Право Черной Розы

22
18
20
22
24
26
28
30

Я только ресницами захлопала на это «земля слухами полнится». А Кайен внезапно развеселился. Положил ногу на ногу, откинулся на спинку своего трона и руки на животе сложил, готовясь внимать и развлекаться.

— Н-ну и… что вы хотели от меня? — осторожно спросила я и покосилась на мужа своего улыбающегося.

— Сынок у меня, — подтолкнул пацана вперед его отец. — Хороший он мальчишка, честный, способный. А только слабый… И по хозяйству толком не может помочь, руки у него… Васик, покажи княгинюшке руки.

Паренек послушно выставил вперед обе ладони и растопырил пальцы.

— И что с руками не так? Хорошие вроде руки, — не поняла я. Кайен так уже вообще едва сдерживал смех, но молчал.

— Так хорошие руки, светлая госпожа, в том-то и дело. Но воина из него не выйдет, слабый. А по хозяйству — разве ж можно такие руки загубить?

— Да что не так с руками-то? — повысила я голос.

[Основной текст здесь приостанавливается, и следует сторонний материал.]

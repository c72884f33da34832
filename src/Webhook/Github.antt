-- ===== src/Webhook/Github.antt =====
-- GitHub webhooks (vcsutils/webhookparser/github.go).
pub mod Events
pub mod Shapes
pub mod Auth
pub mod Pushes
use froggit_go.Base.{
  String, ◌<>◌, Bool, ◌&&◌, not, Option, none, some, Result, ok, err, errorf, ◌>>=◌, if◌then◌else◌,
  ◌==◌, ◌||◌,
}
use froggit_go.Base.Text.{has_prefix, trim_prefix, replace_first}
use froggit_go.Vcs.{
  WebhookEvent, pr_rejected, pr_edited, pr_merged, pr_opened, push, tag_pushed, tag_removed,
}
use froggit_go.Vcs.Values.{default_if_not_nil, string_zero, pointer_zero}
use froggit_go.Webhook.Info.{
  RepoDetails, User, BranchStatus, WebhookInfo, no_user, no_commit, no_tag, no_pull_request,
  no_info, git_nil_hash,
}
use froggit_go.Webhook.Info
use froggit_go.Webhook.Github.Events.{
  Account, PushEvent, BranchView, PullRequestEvent, Event, push_event, pull_request_event,
  other_event, Api, account_zero, push_repository_zero, head_commit_zero,
}
use froggit_go.Webhook.Http.{Request, header_get}
use froggit_go.Webhook.Parser.{Parser}

-- `newGitHubWebhookParser`: the endpoint that the parser keeps.
unfoldable pub new_endpoint : String → String
unfolding replace_first
new_endpoint endpoint =
    if endpoint == "" then "https://github.com" else replace_first endpoint "://api." "://"

-- `user` and `commitAuthor`, which read the same three fields.
user : Option Account → User
user none = no_user
user (some u) = record {
  login = default_if_not_nil u.login;
  display_name = default_if_not_nil u.name;
  email = default_if_not_nil u.email;
  avatar_url = "";
}

commit_author : Option Account → User
commit_author none = no_user
commit_author (some u) = record {
  login = default_if_not_nil u.login;
  display_name = default_if_not_nil u.name;
  email = default_if_not_nil u.email;
  avatar_url = "";
}

unfoldable pub branch_status : PushEvent → BranchStatus
unfolding Info.branch_status
branch_status e =
    Info.branch_status (not (e.before == git_nil_hash)) (not (e.after == git_nil_hash))

unfoldable pub is_tag_event : PushEvent → Bool
unfolding has_prefix
is_tag_event e = has_prefix e.ref "refs/tags/"

unfoldable pub trim_ref_prefix : String → String
unfolding trim_prefix
trim_ref_prefix ref = trim_prefix ref "refs/heads/"

abbrev repo_details : PushEvent → RepoDetails
repo_details e = record {
  name = default_if_not_nil (default_if_not_nil e.repo).name;
  owner = default_if_not_nil (default_if_not_nil (default_if_not_nil e.repo).owner).login;
}

unfoldable pub parse_tag_event : PushEvent → WebhookInfo
unfolding user trim_prefix
parse_tag_event e =
    let tag : Info.Tag = record no_tag {
      name = trim_prefix e.ref "refs/tags/";
      repository = repo_details e;
      author = user e.pusher;
    } in
    let info : WebhookInfo = record no_info { tag = some tag } in
    if e.created
    then record info { event = tag_pushed; tag = some (record tag { hash = e.after }) }
    else if e.deleted
    then record info { event = tag_removed; tag = some (record tag { hash = e.before }) }
    else info

unfoldable pub parse_change_event : String → PushEvent → WebhookInfo
unfolding user commit_author branch_status trim_ref_prefix
parse_change_event endpoint e =
    let repo = repo_details e in
    let compare_url : String =
      if endpoint == ""
      then ""
      else endpoint
        <> ("/"
            <> (repo.owner
                <> ("/" <> (repo.name <> ("/compare/" <> (e.before <> ("..." <> e.after))))))) in
    record no_info {
      target_repository_details = repo;
      target_branch = trim_ref_prefix e.ref;
      timestamp = e.head_commit_timestamp.unix;
      event = push;
      commit = record {
        hash = e.after;
        message = default_if_not_nil (default_if_not_nil e.head_commit).message;
        url = default_if_not_nil (default_if_not_nil e.head_commit).url;
      };
      before_commit = record no_commit { hash = e.before };
      branch_status = branch_status e;
      triggered_by = user e.pusher;
      committer = commit_author (default_if_not_nil e.head_commit).committer;
      author = commit_author (default_if_not_nil e.head_commit).author;
      compare_url = compare_url;
    }

unfoldable pub resolve_closed_event_type : PullRequestEvent → WebhookEvent
resolve_closed_event_type e = if e.pull_request.merged then pr_merged else pr_rejected

-- The `switch` on the action; `none` is the action that is not supported.
unfoldable pub pr_event : PullRequestEvent → Option WebhookEvent
unfolding resolve_closed_event_type
pr_event e =
    if e.action == "opened" || e.action == "reopened"
    then some pr_opened
    else if e.action == "synchronize" || e.action == "edited"
    then some pr_edited
    else if e.action == "closed"
    then some (resolve_closed_event_type e)
    else none

abbrev view_details : BranchView → RepoDetails
view_details b = record { name = b.repo.name; owner = b.repo.owner.login }

unfoldable pub pr_info : PullRequestEvent → WebhookEvent → WebhookInfo
pr_info e event =
    let p = e.pull_request in
    record no_info {
      pull_request_id = p.number;
      target_repository_details = view_details p.base;
      target_branch = p.base.ref;
      source_repository_details = view_details p.head;
      source_branch = p.head.ref;
      timestamp = p.updated_at.unix;
      event = event;
      pull_request = some (record no_pull_request {
        id = p.number;
        title = p.title;
        compare_url = p.html_url <> "/files";
        timestamp = p.updated_at.unix;
        author = record {
          login = p.user.login;
          display_name = p.user.name;
          email = p.user.email;
          avatar_url = p.user.avatar_url;
        };
        triggered_by = record no_user { login = e.sender.login; avatar_url = e.sender.avatar_url };
        target_repository = view_details p.base;
        target_branch = p.base.ref;
        target_hash = p.base.sha;
        source_repository = view_details p.head;
        source_branch = p.head.ref;
        source_hash = p.head.sha;
      });
    }

unfoldable pub parse_pr_events : PullRequestEvent → Option WebhookInfo
unfolding pr_event pr_info
parse_pr_events e = elim (pr_event e) [ none ↦ none | some event ↦ some (pr_info e event) ]

unfoldable pub dispatch : String → Event → Option WebhookInfo
unfolding is_tag_event parse_tag_event parse_change_event parse_pr_events
dispatch endpoint (push_event e) =
    if is_tag_event e then some (parse_tag_event e) else some (parse_change_event endpoint e)
dispatch endpoint (pull_request_event e) = parse_pr_events e
dispatch endpoint other_event = none

module _ (api : Api) where
  unfoldable pub validate_payload : Request → String → Result String
  unfolding header_get
  validate_payload request token =
      if not (token == "") && header_get request.headers api.sha256_signature_header == ""
      then err (errorf (api.sha256_signature_header <> " header is missing"))
      else api.validate_payload request token

  unfoldable pub parse_incoming_webhook : String → Request → String → Result (Option WebhookInfo)
  unfolding dispatch
  parse_incoming_webhook endpoint request payload = do
    event ← api.parse_web_hook (api.web_hook_type request) payload
    ok (dispatch endpoint event)

  unfoldable pub new_parser : String → Parser
  unfolding validate_payload parse_incoming_webhook new_endpoint
  new_parser endpoint = record {
    validate_payload = validate_payload;
    parse_incoming_webhook = parse_incoming_webhook (new_endpoint endpoint);
  }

— Так рисует же он ими, госпожа. Уж вы бы видели, как он рисует! И в кого только?! Мы-то с жёнкой покойной люди простые, крестьяне. А Васик наш… Чисто живые у него картинки. Загубит ведь руки, если… Светлая госпожа, прикажите ему нарисовать что-нибудь. Богами клянусь, правду говорю. Ну никак нельзя ему с такими руками в земле копаться. Возьмите мальчишку моего, низко прошу. Не бросьте такой талант погибать.

— Ах вот оно что! — наконец поняла я. — Ну, давайте проверим. Васик, сможешь сейчас что-нибудь быстро нарисовать или тебе время нужно?

— Если грифелем или пером, светлая госпожа, то смогу быстро, — поклонился мальчик.

Кайен жестом велел своему секретарю выдать юному дарованию лист бумаги и грифельный стержень. Паренек поблагодарил, после чего улегся на живот прямо на полу и занялся делом. Минут пять мы все молчали, а затем Васик поднялся и протянул лист, чтобы кто-нибудь его забрал. Дилис принес рисунок нам с князем, и я даже рот приоткрыла. Всего за несколько минут это талантливое создание набросало мой портрет.

— Ну надо же! — хмыкнул Кайен. — Совсем как живая.

— Времени мало, ваша светлость, — заговорил селянин, потрепав сына по голове. — Ежели побольше, так он еще лучше сделал бы. Душой клянусь. Я видел его картинки, он же с пеленок, считай, рисует. Только угольком все больше, на бумагу и краски нет у нас денег.

— Кайен, мы должны его отдать учиться! — прошептала я с горящими глазами, повернувшись всем корпусом к мужу. — Это же такой талант! Поможешь? Я ведь не знаю, кто у вас тут есть из художников. К кому мальчика в ученики пристроить? Это ведь дар богов, нельзя ему в крестьяне… Пожалуйста! Пожалуйста!

— Моя супруга решила, что ваш сын заслуживает право учиться и стать настоящим художником, — сказал всё это Кайен не мне, а просителям. — Ступайте туда, где записывались на прием. Скажете, что по приказу княгини мальчик поступает в ученики к мастеру Тодеушу Хольсу. Пусть выдадут вам бумагу об этом и скажут адрес. И на первый год княгиня выделяет Васику небольшое пособие, чтобы на краски, расходные материалы и еду хватило. Но и вы уж помогайте сыну, одевайте, обувайте.

— Целуем ручки, благодетельница! — просияли оба — и отец, и сын. — Уж мы за вас всем богам молиться будем. Не зря люди говорили, что у княгинюшки сердце доброе и чистое. Повезло нам с госпожой.

— А кто говорил-то и когда? — не выдержала я.

— Так вчера и говорили. Что сиротку вы не отдали на погибель, жизнь спасли, учиться пристроили. Уж так о вас хорошо отзывалось то семейство. Вся таверна слушала, народ, он же всё примечает, всё видит. И моему Васику помогли, не зря мы к вам ехали о милости просить. Мы ж как услышали про доброту княгинюшки, так сразу и собрались.

Когда они ушли, низко кланяясь и не переставая рассыпаться в благодарностях, в зале повисла тишина.

— Ну и ну! — выдал наконец Кайен и рассмеялся. — Рози, так, может, тебе отдельный зал выделить? Помощников приставить? Часть посетителей у меня заберешь?